Salesforce, Workiva, and SentinelOne are presented as AI-linked growth stocks trading at attractive valuations after sharp 2026 pullbacks. Salesforce reported fiscal Q4 2026 revenue of $11.2 billion, up 12% year over year, while Workiva posted $239 million in Q4 sales (+20%) and SentinelOne reached $1 billion in fiscal 2026 revenue (+22%) with fiscal 2027 sales guidance of $1.2 billion. The article argues AI adoption is strengthening, not weakening, each company’s business model, despite recent volatility in forward P/S multiples.

Analysis

The setup is less about “AI winners vs losers” and more about valuation reset after a mechanically forced de-rating. These names are all still growing fast enough that the market is no longer pricing in outright disruption, just slower multiple expansion; that creates room for sharp mean reversion if sentiment stabilizes. The key second-order effect is that AI adoption is becoming a feature embedded inside incumbents’ workflows, which lowers customer churn risk and reduces the odds of a wholesale platform swap. Among the three, CRM looks like the highest-quality defensive compounder because AI can be monetized through existing distribution rather than forcing a new sales motion. WK is the most mispriced if the market is still valuing it like a user-seat SaaS vendor; its usage-based model makes the “AI destroys seats” thesis structurally weaker than the tape implies. S is the highest beta expression: the stock can re-rate quickly if cybersecurity buyers keep treating AI-native defense as a necessity, but it is also the most vulnerable to renewed competition from larger security platforms bundling AI into broader suites.
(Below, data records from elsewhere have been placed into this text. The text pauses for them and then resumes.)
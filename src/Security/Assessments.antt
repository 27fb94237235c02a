-- ===== src/Security/Assessments.antt =====
-- `Assessment` and `incompatibility` of app/services/audit_comparison.py, with `finding_key` of
-- app/services/audit_evidence.py. Parsing a UUID, the hashes, the pattern of a digest and the JSON of
-- a manifest are the libraries': the record `Evidence`, and `Value` for what the code tells apart in
-- a manifest. A score is a number of tenths.
pub mod Sound
use net_ops_guard.Prelude.{
  ℕ, String, Option, none, some, Bool, true, false, not, ◌&&◌, List, [], ◌∷◌, ◌==◌, str_eq, all,
  any, if◌then◌else◌,
}

pub data Observation : Type 0 where
  pass fail na warn manual_review : Observation
  unsupported : String → Observation

pub record AuditFinding : Type 0 where
  pub id : ℕ
  pub domain : Option String
  pub check_id : Option String
  pub interface_name : Option String
  pub correlation_id : Option String
  pub status : Observation

pub record FindingKey : Type 0 where
  pub domain : String
  pub check_id : String
  pub interface_name : String
  pub correlation_id : String

abbrev or_empty : Option String → String
or_empty none = ""
or_empty (some s) = s

unfoldable pub finding_key : AuditFinding → FindingKey
finding_key f = record {
  domain = or_empty f.domain;
  check_id = or_empty f.check_id;
  interface_name = or_empty f.interface_name;
  correlation_id = or_empty f.correlation_id;
}

abbrev pub same_key : FindingKey → FindingKey → Bool
same_key a b =
    str_eq a.domain b.domain
    && (str_eq a.check_id b.check_id
        && (str_eq a.interface_name b.interface_name && str_eq a.correlation_id b.correlation_id))

-- A score that is a number, in tenths, or an infinity or NaN.
pub data Score : Type 0 where
  finite : ℕ → Score
  not_finite : Score

-- A value of a manifest; `none` in a list of texts is an item that is not a text.
pub data Value : Type 0 where
  missing : Value
  text : String → Value
  items : List (Option String) → Value
  flag : Bool → Value
  number : Score → Value
  another : Value

pub record Manifest : Type 0 where
  pub format : Value
  pub engine : Value
  pub policy : Value
  pub scope : Value
  pub config_hash : Value
  pub findings_hash : Value
  pub score : Value
  pub complete : Value
  pub reasons : Value

pub data RunStatus : Type 0 where
  running completed failed : RunStatus

pub record AuditRun : Type 0 where
  pub id : ℕ
  pub device_id : Option String
  pub status : RunStatus
  pub config_snapshot_hash : Option String
  pub raw_config : Option String
  pub overall_score : Option Score
  pub started_at : ℕ

-- `device_identity` and the parsed manifest; text that is no object gives one with nothing in it.
pub record Provenance : Type 0 where
  pub device_identity : Option String
  pub manifest : Manifest

pub record Assessment : Type 0 where
  pub run : AuditRun
  pub findings : List AuditFinding
  pub provenance : Option Provenance

pub record Evidence : Type 0 where
  pub canonical_uuid : String → Option String
  pub is_digest : String → Bool
  pub config_hash : String → String
  pub findings_digest : List AuditFinding → String

pub data Problem : Type 0 where
  not_completed provenance_unavailable provenance_malformed incomplete evidence_differs
        unsupported_status definitions_changed scope_changed :
      Problem

abbrev empty_manifest : Manifest
empty_manifest = record {
  format = missing;
  engine = missing;
  policy = missing;
  scope = missing;
  config_hash = missing;
  findings_hash = missing;
  score = missing;
  complete = missing;
  reasons = missing;
}

abbrev pub manifest_of : Assessment → Manifest
manifest_of a = elim a.provenance [ none ↦ empty_manifest | some p ↦ p.manifest ]

abbrev present : Value → Bool
present missing = false
present _ = true

-- `m.get('format') == 1`, where 1 is ten tenths.
abbrev is_one : Value → Bool
is_one (number (finite n)) = n == 10
is_one (flag b) = b
is_one _ = false

abbrev non_empty : Option String → Bool
non_empty none = false
non_empty (some s) = not (str_eq s "")

abbrev is_scope : Value → Bool
is_scope (items vs) = all non_empty vs
is_scope _ = false

abbrev is_list : Value → Bool
is_list (items vs) = true
is_list _ = false

abbrev is_true : Value → Bool
is_true (flag b) = b
is_true _ = false

abbrev is_nothing : Value → Bool
is_nothing (items []) = true
is_nothing _ = false

abbrev is_text : String → Value → Bool
is_text s (text t) = str_eq s t
is_text s _ = false

abbrev same_text : Value → Value → Bool
same_text (text s) v = is_text s v
same_text _ v = false

same_items : List (Option String) → List (Option String) → Bool
same_items [] [] = true
same_items (some s ∷ ss) (some t ∷ ts) = str_eq s t && same_items ss ts
same_items _ _ = false

same_scope : Value → Value → Bool
unfolding same_items
same_scope (items ss) (items ts) = same_items ss ts
same_scope _ _ = false

abbrev supported : Observation → Bool
supported (unsupported s) = false
supported _ = true

-- `recorded or current`, unless both are there and differ.
abbrev identity_text : Option String → Option String → Option String
identity_text none current = current
identity_text (some recorded) none = if str_eq recorded "" then none else some recorded
identity_text (some recorded) (some current) =
    if str_eq recorded ""
    then some current
    else if str_eq recorded current
    then some recorded
    else none

module _ (evidence : Evidence) where
  unfoldable pub identity : Assessment → Option String
  identity a =
      elim (identity_text (elim a.provenance [ none ↦ none | some p ↦ p.device_identity ])
        a.run.device_id) [ none ↦ none | some s ↦ evidence.canonical_uuid s ]

  abbrev digest_text : Value → Bool
  digest_text (text s) = evidence.is_digest s
  digest_text _ = false

  well_formed : Manifest → Bool
  well_formed m =
      all digest_text (m.engine ∷ m.policy ∷ m.config_hash ∷ m.findings_hash ∷ [])
      && (is_scope m.scope && is_list m.reasons)

  -- What the run recorded is what the manifest says of it.
  matches_manifest : Assessment → Manifest → Bool
  matches_manifest a m =
      elim a.run.raw_config [
        | none ↦ false
        | some raw ↦
            not (str_eq raw "")
            && (is_text (evidence.config_hash raw) m.config_hash
                && is_text (evidence.findings_digest a.findings) m.findings_hash)
      ]
      && elim a.run.config_snapshot_hash [ none ↦ false | some h ↦ is_text h m.config_hash ]

  abbrev is_completed : RunStatus → Bool
  is_completed completed = true
  is_completed _ = false

  unfoldable pub problem : Assessment → Option Problem
  unfolding well_formed matches_manifest
  problem a =
      let m = manifest_of a in
      if not (is_completed a.run.status)
      then some not_completed
      else if not (
          is_one m.format
          && all present
              (m.engine ∷ m.policy ∷ m.scope ∷ m.config_hash ∷ m.findings_hash ∷ m.score ∷ []))
      then some provenance_unavailable
      else if not (well_formed m)
      then some provenance_malformed
      else if not (is_true m.complete && is_nothing m.reasons)
      then some incomplete
      else if not (matches_manifest a m)
      then some evidence_differs
      else if any (λ f. not (supported f.status)) a.findings
      then some unsupported_status
      else none

  first_problem : Option Problem → Option Problem → Option Problem → Option Problem
  first_problem (some p) q r = some p
  first_problem none (some q) r = some q
  first_problem none none r = r

  unfoldable pub incompatibility : Assessment → Assessment → Option Problem
  unfolding problem same_scope first_problem
  incompatibility old new =
      let a = manifest_of old in
      let b = manifest_of new in
      first_problem (problem old) (problem new) (
        if not (same_text a.engine b.engine && same_text a.policy b.policy)
        then some definitions_changed
        else if not (same_scope a.scope b.scope)
        then some scope_changed
        else none)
The contrarian miss is that the selloff may have already flushed out the easy de-rating, but not the eventual disappointment risk from slower net retention or compressed upsell in a tougher IT spending environment. In other words, the upside from multiple normalization may be front-loaded over days to weeks, while fundamental proof that AI is actually improving monetization will take quarters. If macro weakens, these names can still grow and underperform on the same day. The cleaner trade is to favor the highest-quality cash flow with the lowest narrative risk and use the more speculative names for tactical exposure. The best risk/reward is a relative-value basket long CRM/WK versus a broad software short, or long CRM against S to express quality over beta. The catalyst window is the next 1-2 earnings cycles, where AI attach rates and guidance revisions will matter more than the current headline valuation reset.